Category	Existing Models	Classifier	Accuracy (%)
			Valence	Arousal
	Yoon and Chung 2013 [24]	Bayesian	70.90	70.10
	Naser and Saha 2013 [25]	DT-CWPT	64.30	66.20
handcrafted	Rozgic et al. 2013 [26]	decision fusion	76.90	68.40
	Zhuang et al. 2014 [27]	SVM	70.90	67.1
features	Chen et al. 2015 [28]	HMM	75.63	73.00
	Atkins and Campos 2016 [29]	BCI	73.41	73.06
	Arnau-Gonzalez 2017 [30]	SVM	69.60	67.70
	Alhagry et al. 2017 [10]	LSTM RNN	85.00	85.00
	Li et al. 2017 [31]	CRNN	72.06	74.12
Deep learning	Salama et al. 2018 [12]	3D CNN	87.44	88.49
	Xing et al. 2019 [16]	LSTM	81.10	74.38
	Ours	multi-column	90.01	90.65

Figure 5. The comparison of our results with the results of existing models.

The summary of the comparison is suggested in Table 5. In average, the handcrafted feature based works record 71.67% for valence and 69.37% for arousal, while the deep neural network-based works record 81.4% for valence and 80.50% for arousal. The deep neural network-based works record more than 10% higher accuracies. For arousal, the lowest accuracy of deep neural network-based approach, which is 75.12% is higher than the highest accuracy of handcrafted feature-approach, which is 73.06%.

Table 5. Summary of the comparison.

Category		Valence	Arousal
	highest	76.9%	73.06%
handcrafted	lowest	64.3%	66.20%
features	difference	12.6%	6.86%
	average	71.66%	69.37%
	highest	87.44%	88.49%
deep	lowest	72.06%	75.12%
neural network	difference	15.38%	13.37%
	average	81.4%	80.5%

4.6. Multi-Class Emotion Recognition

Since the result of our model is valence and arousal, the coordinate of valence and arousal in widely-used Russell’s model corresponds to various emotions including excited, happy, pleased, peaceful, calm, gloomy, sad, fear and suspense. We illustrated this process in Figure 6.

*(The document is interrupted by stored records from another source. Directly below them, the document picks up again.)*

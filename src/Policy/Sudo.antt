-- ===== src/Policy/Sudo.antt =====
-- The security floor, and the profile that may escalate privileges.
use mathlib.Core.Bool.{false≢true}
use mathlib.Core.List.{Perm, Permᴰ}
use mathlib.Core.List.Perm
use mathlib.Core.List.Permᴰ
use mathlib.Core.Logic.{∥∥₁_elim}
use policy_templates.Prelude.{
  ℕ, suc, ◌≡◌, ◌≢◌, refl, sym, ap, ap₂, subst, ◌∙◌, ◌↔◌, ◌⊎◌, inl, inr, Bytes, text, ◌==◌, ==_iff,
  eq_ignore_ascii_case, to_ascii_lowercase, Bool, true, false, not, ◌&&◌, Bool-cases, not-true, any,
  all, any_iff, Any, Any-map, All, eqb, eqb→eq, eqb_refl, length, length-map, map, List, [], ◌∷◌,
  ok, arith, ensure, privileged_forbidden, privilege_escalation_forbidden, ◌>>◌,
}
use policy_templates.Descriptor.{Capabilities, OciRuntimeSpec, DeploymentDescriptor}
use policy_templates.Descriptor.Unique.{Distinct}
use policy_templates.Policy.Floor.{
  rootful_sudo_caps, capabilities_match_rootful_sudo, descriptor_uses_rootful_sudo,
  validate_oci_security_floor,
}

abbrev pub lowercase : Bytes → Bytes
lowercase = map to_ascii_lowercase

eq_ignore_ascii_case_iff :
    (a b : Bytes) → (eq_ignore_ascii_case a b ≡ true) ↔ (lowercase a ≡ lowercase b)
unfolding eq_ignore_ascii_case
eq_ignore_ascii_case_iff [] [] = (λ h. refl, λ h. refl)
eq_ignore_ascii_case_iff [] (c ∷ b) = (λ h. cc, λ h. cc)
eq_ignore_ascii_case_iff (c ∷ a) [] = (λ h. cc, λ h. cc)
eq_ignore_ascii_case_iff (c ∷ a) (d ∷ b) =
    let ih = eq_ignore_ascii_case_iff a b in
    let c' = to_ascii_lowercase c in
    let d' = to_ascii_lowercase d in
    elim (Bool-cases (eqb c' d')) [
      | inl e ↦ (
        λ h. let h' = rw e at h in ap₂ (λ x xs. x ∷ xs) (eqb→eq c' d' e) (ih.0 h'),
        λ h. rw e (ih.1 (cc)),
      )
      | inr e ↦ (
        λ h. let h' = rw e at h in absurd (false≢true h'),
        λ h.
            let same : c' ≡ d' = cc in
            absurd (false≢true (sym e ∙ ap (eqb c') (sym same) ∙ eqb_refl c')),
      )
    ]

-- A list without the element that a proof points at.
without : (r : Bytes) (cs : List Bytes) → Any (λ c. c ≡ r) cs → List Bytes
without r [] h = []
without r (c ∷ cs) (inl h) = cs
without r (c ∷ cs) (inr h) = c ∷ without r cs h

without-perm :
    (r : Bytes) (cs : List Bytes) (h : Any (λ c. c ≡ r) cs) → Perm cs (r ∷ without r cs h)
unfolding without
without-perm r [] h = absurd h
without-perm r (c ∷ cs) (inl h) = rw h (Perm.refl (r ∷ cs))
without-perm r (c ∷ cs) (inr h) =
    Perm.trans (Perm.cons c (without-perm r cs h)) (Perm.swap r c (without r cs h))

Any-without :
    (r s : Bytes) (cs : List Bytes) (h : Any (λ c. c ≡ r) cs)
    → r ≢ s
    → Any (λ c. c ≡ s) cs
    → Any (λ c. c ≡ s) (without r cs h)
unfolding without
Any-without r s [] h differ found = found
Any-without r s (c ∷ cs) (inl h) differ (inl found) = absurd (differ (sym h ∙ found))
Any-without r s (c ∷ cs) (inl h) differ (inr found) = found
Any-without r s (c ∷ cs) (inr h) differ (inl found) = inl found
Any-without r s (c ∷ cs) (inr h) differ (inr found) = inr (Any-without r s cs h differ found)

length-without :
    (r : Bytes) (cs : List Bytes) (h : Any (λ c. c ≡ r) cs)
    → length cs ≡ suc (length (without r cs h))
unfolding without
length-without r [] h = absurd h
length-without r (c ∷ cs) (inl h) = refl
length-without r (c ∷ cs) (inr h) = ap suc (length-without r cs h)

All-Any-without :
    (r : Bytes) (rs cs : List Bytes) (h : Any (λ c. c ≡ r) cs)
    → (Any (λ m. m ≡ r) rs → ⊥)
    → All (λ s. Any (λ c. c ≡ s) cs) rs
    → All (λ s. Any (λ c. c ≡ s) (without r cs h)) rs
All-Any-without r [] cs h new found = tt
All-Any-without r (s ∷ rs) cs h new (f, found) = (
  Any-without r s cs h (λ e. new (inl (sym e))) f,
  All-Any-without r rs cs h (λ a. new (inr a)) found,
)

-- As many elements as distinct ones that all occur are those, in some order.
distinct-perm :
    (rs cs : List Bytes)
    → length cs ≡ length rs
    → Distinct rs
    → All (λ r. Any (λ c. c ≡ r) cs) rs
    → Perm cs rs
distinct-perm [] [] e d h = Perm.refl []
distinct-perm [] (c ∷ cs) e d h = absurd (omega (arith, e))
distinct-perm (r ∷ rs) cs e (new, d) (h, hs) = Perm.trans (without-perm r cs h) (
    Perm.cons r (
      distinct-perm rs (without r cs h) (omega (arith, e, length-without r cs h)) d
        (All-Any-without r rs cs h new hs)))

any-lowercase :
    (r : Bytes) (cs : List Bytes)
    → (any (λ c. eq_ignore_ascii_case c r) cs ≡ true)
      ↔ Any (λ c. c ≡ lowercase r) (map lowercase cs)
any-lowercase r [] = (λ h. false≢true h, λ h. absurd h)
any-lowercase r (c ∷ cs) =
    let ih = any-lowercase r cs in
    let here = eq_ignore_ascii_case_iff c r in
    elim (Bool-cases (eq_ignore_ascii_case c r)) [
      | inl e ↦ (λ h. inl (here.0 e), λ h. rw e refl)
      | inr e ↦ (
        λ h. inr (ih.0 (rw e at h)),
        λ h. rw e (elim h [ inl f ↦ absurd (false≢true (sym e ∙ here.1 f)) | inr f ↦ ih.1 f ]),
      )
    ]

all-lowercase :
    (rs cs : List Bytes)
    → (all (λ r. any (λ c. eq_ignore_ascii_case c r) cs) rs ≡ true)
      ↔ All (λ r. Any (λ c. c ≡ r) (map lowercase cs)) (map lowercase rs)
all-lowercase [] cs = (λ h. tt, λ h. refl)
all-lowercase (r ∷ rs) cs =
    let ih = all-lowercase rs cs in
    let here = any-lowercase r cs in
    elim (Bool-cases (any (λ c. eq_ignore_ascii_case c r) cs)) [
      | inl e ↦ (λ h. (here.0 e, ih.0 (rw e at h)), λ h. rw e (ih.1 h.1))
      | inr e ↦ (
        λ h. let h' = rw e at h in absurd (false≢true h'),
        λ h. absurd (false≢true (sym e ∙ here.1 h.0)),
      )
    ]

-- The computed test that no name stands twice.
unfoldable pub distinct : List Bytes → Bool
distinct [] = true
distinct (n ∷ ns) = not (any (λ m. m == n) ns) && distinct ns

pub distinct-Distinct : (ns : List Bytes) → distinct ns ≡ true → Distinct ns
unfolding distinct
distinct-Distinct [] h = tt
distinct-Distinct (n ∷ ns) h = elim (Bool-cases (any (λ m. m == n) ns)) [
  | inl e ↦ absurd (false≢true (rw e at h))
  | inr e ↦ (
    λ a. false≢true (sym e ∙ (any_iff (λ m. m == n) ns).1 (Any-map _ _ ns (λ m. (==_iff m n).1) a)),
    distinct-Distinct ns (rw e at h),
  )
]

rootful_sudo_caps-Distinct : Distinct (map lowercase rootful_sudo_caps)
unfolding rootful_sudo_caps text ◌==◌ distinct
rootful_sudo_caps-Distinct = distinct-Distinct (map lowercase rootful_sudo_caps) refl

Any-permᴰ : (P : Bytes → Type 0) {cs ds : List Bytes} → Permᴰ cs ds → Any P cs → Any P ds
Any-permᴰ P Permᴰ.nil h = h
Any-permᴰ P (Permᴰ.cons e p) h = elim h [
  | inl here ↦ inl (subst P e here)
  | inr there ↦ inr (Any-permᴰ P p there)
]
Any-permᴰ P (Permᴰ.swap e f) h = elim h [
  | inl a ↦ inr (inl (subst P e a))
  | inr more ↦ elim more [ inl b ↦ inl (subst P f b) | inr there ↦ inr (inr there) ]
]
Any-permᴰ P (Permᴰ.trans p q) h = Any-permᴰ P q (Any-permᴰ P p h)

length-permᴰ : {cs ds : List Bytes} → Permᴰ cs ds → length cs ≡ length ds
length-permᴰ Permᴰ.nil = refl
length-permᴰ (Permᴰ.cons e p) = ap suc (length-permᴰ p)
length-permᴰ (Permᴰ.swap e f) = refl
length-permᴰ (Permᴰ.trans p q) = length-permᴰ p ∙ length-permᴰ q

-- Everything is dropped, and the capabilities of sudo are added and no others, in whatever case.
abbrev pub SudoCapabilities : Capabilities → Type 0
SudoCapabilities caps =
    Any (λ c. c ≡ lowercase (text "ALL")) (map lowercase caps.drop)
    × Perm (map lowercase caps.add) (map lowercase rootful_sudo_caps)

occurrences :
    (ds cs : List Bytes)
    → ((r : Bytes) → Any (λ c. c ≡ r) ds → Any (λ c. c ≡ r) cs)
    → All (λ r. Any (λ c. c ≡ r) cs) ds
occurrences [] cs f = tt
occurrences (d ∷ ds) cs f = (f d (inl refl), occurrences ds cs (λ r h. f r (inr h)))

pub and_true : (a b : Bool) → ((a && b) ≡ true) ↔ ((a ≡ true) × (b ≡ true))
and_true true b = (λ h. (refl, h), λ h. h.1)
and_true false b = (λ h. absurd (false≢true h), λ h. h.0)

IsSet-Bool : IsSet Bool
IsSet-Bool = hlevel

module _ (caps : Capabilities) where
  SudoCapabilities-of_match : capabilities_match_rootful_sudo caps ≡ true → SudoCapabilities caps
  unfolding capabilities_match_rootful_sudo
  SudoCapabilities-of_match h =
      let (drops, h1) = (and_true _ _).0 h in
      let (lengths, adds) = (and_true _ _).0 h1 in
      (
        (any-lowercase (text "ALL") caps.drop).0 drops,
        distinct-perm (map lowercase rootful_sudo_caps) (map lowercase caps.add)
            (length-map lowercase caps.add
              ∙ eqb→eq _ _ lengths
              ∙ sym (length-map lowercase rootful_sudo_caps))
            rootful_sudo_caps-Distinct ((all-lowercase rootful_sudo_caps caps.add).0 adds),
      )

  match_of_Perm :
      Any (λ c. c ≡ lowercase (text "ALL")) (map lowercase caps.drop)
      → Permᴰ (map lowercase caps.add) (map lowercase rootful_sudo_caps)
      → capabilities_match_rootful_sudo caps ≡ true
  unfolding capabilities_match_rootful_sudo
  match_of_Perm drops adds =
      let lengths =
        sym (length-map lowercase caps.add)
        ∙ length-permᴰ adds
        ∙ length-map lowercase rootful_sudo_caps in
      (and_true _ _).1 (
        (any-lowercase (text "ALL") caps.drop).1 drops,
        (and_true _ _).1 (
          rw lengths (eqb_refl (length rootful_sudo_caps)),
          (all-lowercase rootful_sudo_caps caps.add).1 (
              occurrences (map lowercase rootful_sudo_caps) (map lowercase caps.add)
                (λ r. Any-permᴰ (λ c. c ≡ r) (Permᴰ.symm adds))),
        ),
      )

  capabilities_match_iff : (capabilities_match_rootful_sudo caps ≡ true) ↔ SudoCapabilities caps
  capabilities_match_iff = (
    SudoCapabilities-of_match,
    λ (drops, adds). ∥∥₁_elim adds (IsSet-Bool _ _) (match_of_Perm drops),
  )

-- The profile that may escalate: root, a writable file system, and the capabilities of sudo.
pub record RootfulSudo (oci : OciRuntimeSpec) : Type 0 where
  pub user : oci.security_context.run_as_user ≡ 0
  pub group : oci.security_context.run_as_group ≡ 0
  pub writable : oci.security_context.read_only_root_fs ≡ false
  pub capabilities : SudoCapabilities oci.capabilities

eqb_iff : (m n : ℕ) → (eqb m n ≡ true) ↔ (m ≡ n)
eqb_iff m n = (eqb→eq m n, λ e. rw e (eqb_refl n))

module _ (oci : OciRuntimeSpec) where
  RootfulSudo-of_test : descriptor_uses_rootful_sudo oci ≡ true → RootfulSudo oci
  unfolding descriptor_uses_rootful_sudo
  RootfulSudo-of_test h =
      let (user, h1) = (and_true _ _).0 h in
      let (group, h2) = (and_true _ _).0 h1 in
      let (writable, h3) = (and_true _ _).0 h2 in
      let (_, h4) = (and_true _ _).0 h3 in
      let (_, caps) = (and_true _ _).0 h4 in
      record {
        user = eqb→eq _ _ user;
        group = eqb→eq _ _ group;
        writable = (not-true _).0 writable;
        capabilities = (capabilities_match_iff oci.capabilities).0 caps;
      }

  test_of_RootfulSudo :
      oci.security_context.privileged ≡ false
      → oci.security_context.allow_privilege_escalation ≡ true
      → RootfulSudo oci
      → descriptor_uses_rootful_sudo oci ≡ true
  unfolding descriptor_uses_rootful_sudo
  test_of_RootfulSudo safe allows p = (and_true _ _).1 (
    (eqb_iff _ _).1 p.user,
    (and_true _ _).1 (
      (eqb_iff _ _).1 p.group,
      (and_true _ _).1 (
        (not-true _).1 p.writable,
        (and_true _ _).1 (
          allows,
          (and_true _ _).1
              ((not-true _).1 safe, (capabilities_match_iff oci.capabilities).1 p.capabilities),
        ),
      ),
    ),
  )

floor_iff :
    (privileged allow sudo : Bool)
    → ((ensure (not privileged) privileged_forbidden
          >> (ensure (not (allow && not sudo)) privilege_escalation_forbidden >> ok (tt {0})))
        ≡ ok tt)
      ↔ ((privileged ≡ false) × ((allow ≡ false) ⊎ (sudo ≡ true)))
floor_iff true allow sudo = (λ h. absurd (cc), λ h. absurd (false≢true (sym h.0)))
floor_iff false true true = (λ h. (refl, inr refl), λ h. refl)
floor_iff false true false =
    (λ h. absurd (cc), λ h. absurd (elim h.1 [ inl e ↦ false≢true (sym e) | inr e ↦ false≢true e ]))
floor_iff false false sudo = (λ h. (refl, inl refl), λ h. refl)

-- A descriptor is above the floor exactly when it is not privileged, and does not allow the
-- escalation of privileges or has the profile of sudo: user and group 0, a writable root file
-- system, all capabilities dropped, and exactly the six of sudo added.
pub validate_oci_security_floor_iff :
    (d : DeploymentDescriptor)
    → (validate_oci_security_floor d ≡ ok tt) ↔ (
        (d.oci_runtime_spec.security_context.privileged ≡ false)
        × ((d.oci_runtime_spec.security_context.allow_privilege_escalation ≡ false)
            ⊎ RootfulSudo d.oci_runtime_spec))
unfolding validate_oci_security_floor
validate_oci_security_floor_iff d =
    let oci = d.oci_runtime_spec in
    let allow = oci.security_context.allow_privilege_escalation in
    let test = floor_iff oci.security_context.privileged allow (descriptor_uses_rootful_sudo oci) in
    (
      λ h.
          let (safe, profile) = test.0 h in
          (safe, elim profile [ inl e ↦ inl e | inr e ↦ inr (RootfulSudo-of_test oci e) ]),
      λ (safe, profile). test.1 (
        safe,
        elim (Bool-cases allow) [
          | inl e ↦ elim profile [ inl f ↦ inl f | inr p ↦ inr (test_of_RootfulSudo oci safe e p) ]
          | inr e ↦ inl e
        ],
      ),
    )
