-- ===== src/Policy/Slots.antt =====
-- What `render_template` returns, and when.
use mathlib.Core.Bool.{false≢true}
use policy_templates.Prelude.{
  ◌≡◌, ◌≢◌, refl, sym, ◌∙◌, ◌↔◌, Bytes, text, ◌==◌, ==_iff, contains, replace, false, not, Bool,
  true, ◌||◌, ℕ, arith, Bool-cases, not-true, any, All, List, [], ◌∷◌, ok, ok_inj, ensure-passed,
  >>=-eq-ok, inl, inr,
}
use policy_templates.External.{External}
use policy_templates.Descriptor.{DeploymentDescriptor}
use policy_templates.Policy.Render.{
  is_invalid_byte, validate_rego_string_slot, replacements, render, render_template,
}

-- A value that is not empty and has no quotation mark, line feed, carriage return or zero byte.
abbrev pub IsSlotValue : Bytes → Type 0
IsSlotValue value = (value ≢ []) × All (λ b. (b ≢ 34) × (b ≢ 10) × (b ≢ 13) × (b ≢ 0)) value

-- The eight slots of a template and their values, in the order of replacement.
abbrev pub slots : External → DeploymentDescriptor → List (Bytes × Bytes)
slots x d =
    (text "{{init_data_hash}}", x.hex_encode d.expected_cc_init_data_hash)
    ∷ (text "{{image_digest}}", d.image_digest)
    ∷ (text "{{signer_subject}}", d.signer_identity.subject)
    ∷ (text "{{signer_issuer}}", d.signer_identity.issuer)
    ∷ (text "{{namespace}}", d.namespace)
    ∷ (text "{{service_account}}", d.service_account)
    ∷ (text "{{identity_hash}}", x.hex_encode d.identity_hash)
    ∷ (text "{{kbs_resource_path}}", d.kbs_resource_path)
    ∷ []

-- The needles replaced one after the other.
abbrev pub substitute : Bytes → List (Bytes × Bytes) → Bytes
substitute s [] = s
substitute s ((needle, value) ∷ rest) = substitute (replace s needle value) rest

clean_byte_iff : (b : ℕ) → (is_invalid_byte b ≡ false) ↔ ((b ≢ 34) × (b ≢ 10) × (b ≢ 13) × (b ≢ 0))
clean_byte_iff b = (
  λ h. ((λ e. ground arith), (λ e. ground arith), (λ e. ground arith), (λ e. ground arith)),
  λ (quote, line, return, zero). ground arith,
)

or_false : (a b : Bool) → ((a || b) ≡ false) ↔ ((a ≡ false) × (b ≡ false))
or_false true b = (λ h. absurd (cc), λ h. absurd (false≢true (sym h.0)))
or_false false b = (λ h. (refl, h), λ h. h.1)

clean_bytes_iff :
    (value : Bytes)
    → (any is_invalid_byte value ≡ false)
      ↔ All (λ b. (b ≢ 34) × (b ≢ 10) × (b ≢ 13) × (b ≢ 0)) value
clean_bytes_iff [] = (λ h. tt, λ h. refl)
clean_bytes_iff (b ∷ value) =
    let ih = clean_bytes_iff value in
    let here = clean_byte_iff b in
    let parts = or_false (is_invalid_byte b) (any is_invalid_byte value) in
    (
      λ h. let (first, rest) = parts.0 h in (here.0 first, ih.0 rest),
      λ h. parts.1 (here.1 h.0, ih.1 h.1),
    )

validate_rego_string_slot_iff :
    (name value : Bytes) → (validate_rego_string_slot name value ≡ ok tt) ↔ IsSlotValue value
unfolding validate_rego_string_slot
validate_rego_string_slot_iff name value = (
  λ h.
      let (filled, h1) = ensure-passed (not (value == [])) _ _ h in
      let (clean, _) = ensure-passed (not (any is_invalid_byte value)) _ _ h1 in
      (
        λ e. false≢true (sym ((not-true _).0 filled) ∙ (==_iff value []).1 e),
        (clean_bytes_iff value).0 ((not-true _).0 clean),
      ),
  λ (filled, clean). elim (Bool-cases (value == [])) [
    | inl e ↦ absurd (filled ((==_iff value []).0 e))
    | inr e ↦ rw (e, (clean_bytes_iff value).1 clean) refl
  ],
)

render_iff :
    (s : Bytes) (slots : List (Bytes × Bytes)) (r : Bytes)
    → (render s slots ≡ ok r)
      ↔ (All (λ (slot : Bytes × Bytes). IsSlotValue slot.1) slots × (r ≡ substitute s slots))
unfolding render
render_iff s [] r = (λ h. (tt, sym (ok_inj h)), λ h. rw h.1 refl)
render_iff s ((needle, value) ∷ rest) r =
    let ih = render_iff (replace s needle value) rest r in
    (
      λ h.
          let (u, e, k) = >>=-eq-ok (validate_rego_string_slot needle value) _ h in
          let (valid, same) = ih.0 k in
          (((validate_rego_string_slot_iff needle value).0 e, valid), same),
      λ ((first, others), same).
          rw ((validate_rego_string_slot_iff needle value).1 first) (ih.1 (others, same)),
    )

-- Rendering succeeds exactly when the eight values of the slots, written out for the descriptor, are
-- not empty and have no quotation mark, line feed, carriage return or zero byte, and no `{{` is left;
-- the result is the template with the eight slots replaced by them one after the other.
pub render_template_iff :
    (x : External) (template : Bytes) (d : DeploymentDescriptor) (r : Bytes)
    → (render_template x template d ≡ ok r) ↔ (
        All (λ (slot : Bytes × Bytes). IsSlotValue slot.1) (slots x d)
        × (r ≡ substitute template (slots x d))
        × (contains (text "{{") r ≡ false))
unfolding render_template replacements
render_template_iff x template d r = (
  λ h.
      let (s, e, k) = >>=-eq-ok (render template (slots x d)) _ h in
      let (done, same) = ensure-passed (not (contains (text "{{") s)) _ _ k in
      let (valid, value) = (render_iff template (slots x d) s).0 e in
      let is_r = ok_inj same in (valid, sym is_r ∙ value, rw is_r at ((not-true _).0 done)),
  λ (valid, value, done). rw ((render_iff template (slots x d) r).1 (valid, value), done) refl,
)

Figure 6. The process of multi-class emotion recognition. The result of our model, which is (valence, arousal), is mapped into the valence-arousal coordinate space of Russell’s model.

4.7. Limitation

The most important limitation of our model is a heavy computational load that comes from our multi-column structure. The computational cost for our model increased by the number of columns. Since we employ 5-column models for comparison, the computation time becomes longer than the existing models.

5. Conclusions and Future Work

In this paper, we have presented a multi-column structured model for emotion recognition. Each component of our model is an emotion recognizing module based on CNN with various conv, pooling, and fully connected layers. As an input for our model, EEG signal data from DEAP dataset are employed. Our model records higher accuracy than the existing models.

We are going to extend our model to process various biosignals including PPG and GRP. Other features such as facial expressions may be considered. Another direction is to apply our model to compare the emotional responses to real images against those to artworks.